EXERCISE INPUTS
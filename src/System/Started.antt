-- ===== src/System/Started.antt =====
-- main.go: the state that main builds before it starts the listeners, and what is reached from it.
use open_blocklist.Base.{
  Bytes, Option, none, some, Bool, true, false, List, [], ◌∷◌, ◌>>=◌, ◌≡◌, refl, sym, ap, subst,
  ◌∙◌, Option-cases, inl, inr,
}
use mathlib.Core.Option.{some-injective, none-ne-some}
use open_blocklist.Base.Int.{pos}
use open_blocklist.State.{App, BlockRecord, EtcdKv, Go, IpNet, zero_stats}
use open_blocklist.Etcd.{
  etcd_range, loaded_entry, load_kv, load_kvs, load_from_etcd, store_decoded, store_network,
  load_cidr_kv, load_cidr_kvs, load_cidr_from_etcd,
}
use open_blocklist.System.{IsConsistent, Reaches}
use open_blocklist.System.Keeps.{
  IsConsistent-same, insert-IsConsistent, upsert-IsConsistent, if-IsConsistent,
}
use open_blocklist.System.Reachable.{Reaches-IsConsistent}

-- The process before anything is loaded, in a mode.
abbrev pub new_app : Bool → App
new_app multi_instance = record {
  ip_table = [];
  cidr_table = [];
  stats = zero_stats;
  revision = pos 0;
  multi_instance = multi_instance;
  requests = [];
  tasks = [];
}

-- loadFromEtcd and loadCIDRFromEtcd in main, on what etcd answers to the two range requests; `none`
-- where the process ends.
unfoldable pub start : Go → Bool → Option Bytes → Option Bytes → Option App
unfolding load_from_etcd load_cidr_from_etcd
start go multi_instance addresses networks = do
  app ← load_from_etcd go addresses (new_app multi_instance)
  some (load_cidr_from_etcd go networks app)

module _ (go : Go) where
  load_kv-IsConsistent :
      (kv : EtcdKv) (app : App) → IsConsistent app → IsConsistent (load_kv go kv app)
  unfolding load_kv loaded_entry
  load_kv-IsConsistent kv app h = if-IsConsistent _ app _ h (insert-IsConsistent _ _ app refl h)

  load_kvs-IsConsistent :
      (kvs : List EtcdKv) (app : App) → IsConsistent app → IsConsistent (load_kvs go kvs app)
  unfolding load_kvs
  load_kvs-IsConsistent [] app h = h
  load_kvs-IsConsistent (kv ∷ kvs) app h =
      load_kvs-IsConsistent kvs (load_kv go kv app) (load_kv-IsConsistent kv app h)

  store_decoded-IsConsistent :
      (cidr : Bytes) (decoded : BlockRecord × Bool) (parsed : Option IpNet) (app : App)
      → IsConsistent app
      → IsConsistent (store_decoded cidr decoded parsed app)
  unfolding store_decoded
  store_decoded-IsConsistent cidr (rec, false) parsed app h = h
  store_decoded-IsConsistent cidr (rec, true) none app h = h
  store_decoded-IsConsistent cidr (rec, true) (some net) app h = upsert-IsConsistent _ app h

  load_cidr_kvs-IsConsistent :
      (kvs : List EtcdKv) (app : App) → IsConsistent app → IsConsistent (load_cidr_kvs go kvs app)
  unfolding load_cidr_kvs load_cidr_kv store_network
  load_cidr_kvs-IsConsistent [] app h = h
  load_cidr_kvs-IsConsistent (kv ∷ kvs) app h =
      load_cidr_kvs-IsConsistent kvs _
        (if-IsConsistent _ app _ h (store_decoded-IsConsistent _ _ _ app h))

  load_from_etcd-IsConsistent :
      (answer : Option Bytes) (app app' : App)
      → load_from_etcd go answer app ≡ some app'
      → IsConsistent app
      → IsConsistent app'
  unfolding load_from_etcd etcd_range
  load_from_etcd-IsConsistent none app app' e h = absurd (none-ne-some app' e)
  load_from_etcd-IsConsistent (some raw) app app' e h =
      subst IsConsistent (some-injective _ app' e)
        (load_kvs-IsConsistent (go.unmarshal_range raw).0 _ (IsConsistent-same app _ refl refl h))

  load_cidr_from_etcd-IsConsistent :
      (answer : Option Bytes) (app : App)
      → IsConsistent app
      → IsConsistent (load_cidr_from_etcd go answer app)
  unfolding load_cidr_from_etcd etcd_range
  load_cidr_from_etcd-IsConsistent none app h = h
  load_cidr_from_etcd-IsConsistent (some raw) app h =
      load_cidr_kvs-IsConsistent (go.unmarshal_range raw).0 app h

  start-IsConsistent :
      (multi : Bool) (addresses networks : Option Bytes) (app : App)
      → start go multi addresses networks ≡ some app
      → IsConsistent app
  unfolding start
  start-IsConsistent multi addresses networks app e =
      elim (Option-cases (load_from_etcd go addresses (new_app multi))) [
        | inl failed ↦ absurd (
            none-ne-some app
              (ap (λ o. o >>= (λ x. some (load_cidr_from_etcd go networks x))) (sym failed) ∙ e))
        | inr (loaded, done) ↦
            subst IsConsistent
              (some-injective _ app
                (ap (λ o. o >>= (λ x. some (load_cidr_from_etcd go networks x))) (sym done) ∙ e))
              (load_cidr_from_etcd-IsConsistent networks loaded (
                load_from_etcd-IsConsistent addresses (new_app multi) loaded done
                  (record { once = tt; named = tt; keyed = tt })))
      ]

  -- Whatever etcd holds and answers at the start: if the process starts, then in every state that it
  -- reaches by requests on its listeners, DNS queries, the goroutines that lookups started, the rounds of the
  -- worker and of CrowdSec and the lines of both watches, in whatever order they come, each address
  -- stands once, over an entry that carries it, and each network stands once.
  pub started-IsConsistent :
      (is_sub_domain : Bytes → Bytes → Bool) (multi : Bool) (addresses networks : Option Bytes)
      (app app' : App)
      → start go multi addresses networks ≡ some app
      → Reaches go is_sub_domain app app'
      → IsConsistent app'
  started-IsConsistent is_sub_domain multi addresses networks app app' started reached =
      Reaches-IsConsistent go is_sub_domain reached
        (start-IsConsistent multi addresses networks app started)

WORK TO COMPLETE
Only the lines from the start of the material through the line containing "(kv : EtcdKv)" should be repeated, and they should be repeated exactly.

ANSWER SPACE
filename src/System/Started.antt
-- ===== src/System/Started.antt =====
-- main.go: the state that main builds before it starts the listeners, and what is reached from it.
use open_blocklist.Base.{
  Bytes, Option, none, some, Bool, true, false, List, [], ◌∷◌, ◌>>=◌, ◌≡◌, refl, sym, ap, subst,
  ◌∙◌, Option-cases, inl, inr,
}
use mathlib.Core.Option.{some-injective, none-ne-some}
use open_blocklist.Base.Int.{pos}
use open_blocklist.State.{App, BlockRecord, EtcdKv, Go, IpNet, zero_stats}
use open_blocklist.Etcd.{
  etcd_range, loaded_entry, load_kv, load_kvs, load_from_etcd, store_decoded, store_network,
  load_cidr_kv, load_cidr_kvs, load_cidr_from_etcd,
}
use open_blocklist.System.{IsConsistent, Reaches}
use open_blocklist.System.Keeps.{
  IsConsistent-same, insert-IsConsistent, upsert-IsConsistent, if-IsConsistent,
}
use open_blocklist.System.Reachable.{Reaches-IsConsistent}

-- The process before anything is loaded, in a mode.
abbrev pub new_app : Bool → App
new_app multi_instance = record {
  ip_table = [];
  cidr_table = [];
  stats = zero_stats;
  revision = pos 0;
  multi_instance = multi_instance;
  requests = [];
  tasks = [];
}

-- loadFromEtcd and loadCIDRFromEtcd in main, on what etcd answers to the two range requests; `none`
-- where the process ends.
unfoldable pub start : Go → Bool → Option Bytes → Option Bytes → Option App
unfolding load_from_etcd load_cidr_from_etcd
start go multi_instance addresses networks = do
  app ← load_from_etcd go addresses (new_app multi_instance)
  some (load_cidr_from_etcd go networks app)

module _ (go : Go) where
  load_kv-IsConsistent :
      (kv : EtcdKv) (app : App) → IsConsistent app → IsConsistent (load_kv go kv app)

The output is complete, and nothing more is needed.